EXTRACTED RECORDS:
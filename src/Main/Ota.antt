-- ===== src/Main/Ota.antt =====
-- The contactor's output pin during an OTA update, whose start deletes the controller's task.
use Prim.Native.String.{String}
use evse_sync_charge.Base.{
  ℕ, ◌≡◌, refl, ◌∙◌, ℤ, Bool, true, false, ◌&&◌, none, some, List, [], ◌∷◌, arith,
}
use evse_sync_charge.Float.{Float}
use evse_sync_charge.Types.{ready}
use evse_sync_charge.Charge.{Evse}
use evse_sync_charge.Charge.Control.{StartReadings, stop_charging}
use evse_sync_charge.Charge.Power.{start-pin}
use evse_sync_charge.Charge.Contactor.{leaves_pin, all_leave, and_parts, exec-pin, run-pin}
use evse_sync_charge.Rfid.Scan.{ScanReadings}
use evse_sync_charge.Ocpp.Handler.{
  HandlerReadings, Event, disconnected, connected, text_frame, other as other_event,
}
use evse_sync_charge.Ocpp.Server
use evse_sync_charge.Ocpp.Server.{call_commands, ws_event-run}
use evse_sync_charge.Mqtt.Command.{
  Topic, CallbackReadings, command, set_current, set_allow_below_6_amp_charging_topic, current_test,
  set_failsafe, set_failsafe_timeout, rcm_config, other,
}
use evse_sync_charge.Mqtt.Failsafe
use evse_sync_charge.Mqtt.Failsafe.{callback-run, test_commands}
use evse_sync_charge.Main.{mqtt_failsafe, evse_loop_task, on_card_scanned, on_ota_start}
use evse_sync_charge.Main.Reach.{
  Firmware, Input, task, boot_loop, scan, mqtt_message, mqtt_loop, ocpp_event, ocpp_loop, failsafe,
  feed, ota_start, web, scan_card, handle,
}

module _ {F : Type 0} where
  -- Any call but a command of the web pages that initialises the controller or passes its loop.
  unfoldable pub leaves_contactor : Input F → Bool
  leaves_contactor (web c) = leaves_pin c
  leaves_contactor _ = true

  unfoldable pub all_leave_contactor : List (Input F) → Bool
  all_leave_contactor [] = true
  all_leave_contactor (n ∷ ns) = leaves_contactor n && all_leave_contactor ns

module _ (lower : String → String) {F : Type 0} ⦃fl : Float F⦄ (to_float : String → F)
    (to_int : String → ℤ) where
  callback-leaves :
      (t : CallbackReadings) (topic : Topic) (msg : String)
      → all_leave (Failsafe.commands lower to_float to_int t topic msg) ≡ true
  unfolding all_leave leaves_pin Failsafe.commands test_commands
  callback-leaves t command msg = ground arith
  callback-leaves t set_current msg = refl
  callback-leaves t set_allow_below_6_amp_charging_topic msg = refl
  callback-leaves t current_test msg = ground arith
  callback-leaves t set_failsafe msg = refl
  callback-leaves t set_failsafe_timeout msg = refl
  callback-leaves t rcm_config msg = refl
  callback-leaves t other msg = refl

module _ {F : Type 0} ⦃fl : Float F⦄ where
  event-leaves : (t : HandlerReadings) (e : Event F) → all_leave (Server.commands t e) ≡ true
  unfolding all_leave leaves_pin Server.commands call_commands
  event-leaves t disconnected = refl
  event-leaves t connected = refl
  event-leaves t (text_frame none) = refl
  event-leaves t (text_frame (some m)) = ground arith
  event-leaves t other_event = refl

  failsafe-pin :
      (mqtt_enabled online enabled : Bool) (timeout now seen : ℕ) (s : Evse F)
      → (mqtt_failsafe mqtt_enabled online enabled timeout now (seen, s)).1.relay.pin ≡ s.relay.pin
  unfolding mqtt_failsafe stop_charging
  failsafe-pin mqtt_enabled online enabled timeout now seen s = ground arith

module _ (lower upper : String → String) (text_of : ℕ → String) {F : Type 0} ⦃fl : Float F⦄
    (to_float : String → F) (to_int : String → ℤ) where
  abbrev act : Input F → Firmware F → Firmware F
  act = handle lower upper text_of to_float to_int

  unfoldable pub handle_all : List (Input F) → Firmware F → Firmware F
  handle_all [] f = f
  handle_all (n ∷ ns) f = handle_all ns (act n f)

  scan-pin :
      (r : ScanReadings) (t : StartReadings) (now : ℕ) (f : Firmware F)
      → (scan_card lower upper text_of to_float to_int r t now f).evse.relay.pin ≡ f.evse.relay.pin
  unfolding scan_card on_card_scanned stop_charging
  scan-pin r t now f = ground (arith, start-pin t f.evse)

  handle-pin :
      (n : Input F) (f : Firmware F)
      → f.ota_updating ≡ true
      → leaves_contactor n ≡ true
      → (act n f).evse.relay.pin ≡ f.evse.relay.pin
  unfolding handle evse_loop_task leaves_contactor on_ota_start stop_charging
  handle-pin (task t) f o h = ground arith
  handle-pin (boot_loop now) f o h = refl
  handle-pin (scan r t now) f o h = scan-pin r t now f
  handle-pin (mqtt_message t topic msg) f o h =
      rw (callback-run lower to_float to_int t topic msg f.mqtt f.evse) (
        run-pin (Failsafe.commands lower to_float to_int t topic msg) f.evse
          (callback-leaves lower to_float to_int t topic msg))
  handle-pin (mqtt_loop c) f o h = refl
  handle-pin (ocpp_event t e) f o h =
      rw (ws_event-run text_of t e f.ocpp f.evse)
        (run-pin (Server.commands t e) f.evse (event-leaves t e))
  handle-pin (ocpp_loop now stamped) f o h = refl
  handle-pin (failsafe mqtt_enabled now) f o h =
      failsafe-pin mqtt_enabled f.mqtt.connected f.mqtt.config_failsafe.0 f.mqtt.config_failsafe.1
        now f.mqtt_seen f.evse
  handle-pin (feed enabled now stamped) f o h = refl
  handle-pin ota_start f o h = ground arith
  handle-pin (web c) f o h = exec-pin c f.evse h

  handle-updating :
      (n : Input F) (f : Firmware F) → f.ota_updating ≡ true → (act n f).ota_updating ≡ true
  unfolding handle scan_card evse_loop_task
  handle-updating (task t) f o = ground arith
  handle-updating (boot_loop now) f o = o
  handle-updating (scan r t now) f o = ground arith
  handle-updating (mqtt_message t topic msg) f o = o
  handle-updating (mqtt_loop c) f o = o
  handle-updating (ocpp_event t e) f o = o
  handle-updating (ocpp_loop now stamped) f o = o
  handle-updating (failsafe mqtt_enabled now) f o = o
  handle-updating (feed enabled now stamped) f o = o
  handle-updating ota_start f o = refl
  handle-updating (web c) f o = o

  handle_all-pin :
      (ns : List (Input F)) (f : Firmware F)
      → f.ota_updating ≡ true
      → all_leave_contactor ns ≡ true
      → (handle_all ns f).evse.relay.pin ≡ f.evse.relay.pin
  unfolding handle_all all_leave_contactor
  handle_all-pin [] f o h = refl
  handle_all-pin (n ∷ ns) f o h =
      let (a, b) = and_parts (leaves_contactor n) (all_leave_contactor ns) h in
      handle_all-pin ns (act n f) (handle-updating n f o) b ∙ handle-pin n f o a

  -- The start of an OTA update ends the session and asks the contactor to open, but whatever calls
  -- follow, except commands of the web pages that initialise the controller or pass its loop, the
  -- contactor's output pin stays as it was when the update began: a closed contactor stays closed.
  pub ota-pin :
      (ns : List (Input F)) (f : Firmware F)
      → all_leave_contactor ns ≡ true
      → let g = act ota_start f in
        (g.evse.state ≡ ready)
        × (g.evse.relay.desired ≡ false)
        × ((handle_all ns g).evse.relay.pin ≡ f.evse.relay.pin)
  unfolding handle on_ota_start stop_charging
  ota-pin ns f h =
      let g = act ota_start f in let pin = handle_all-pin ns g refl h in ground (arith, pin)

ACTIVITY: Check each line of the listing above. Copy it if it holds the string "false".

RESULT:
  ℕ, ◌≡◌, refl, ◌∙◌, ℤ, Bool, true, false, ◌&&◌, none, some, List, [], ◌∷◌, arith,
        × (g.evse.relay.desired ≡ false)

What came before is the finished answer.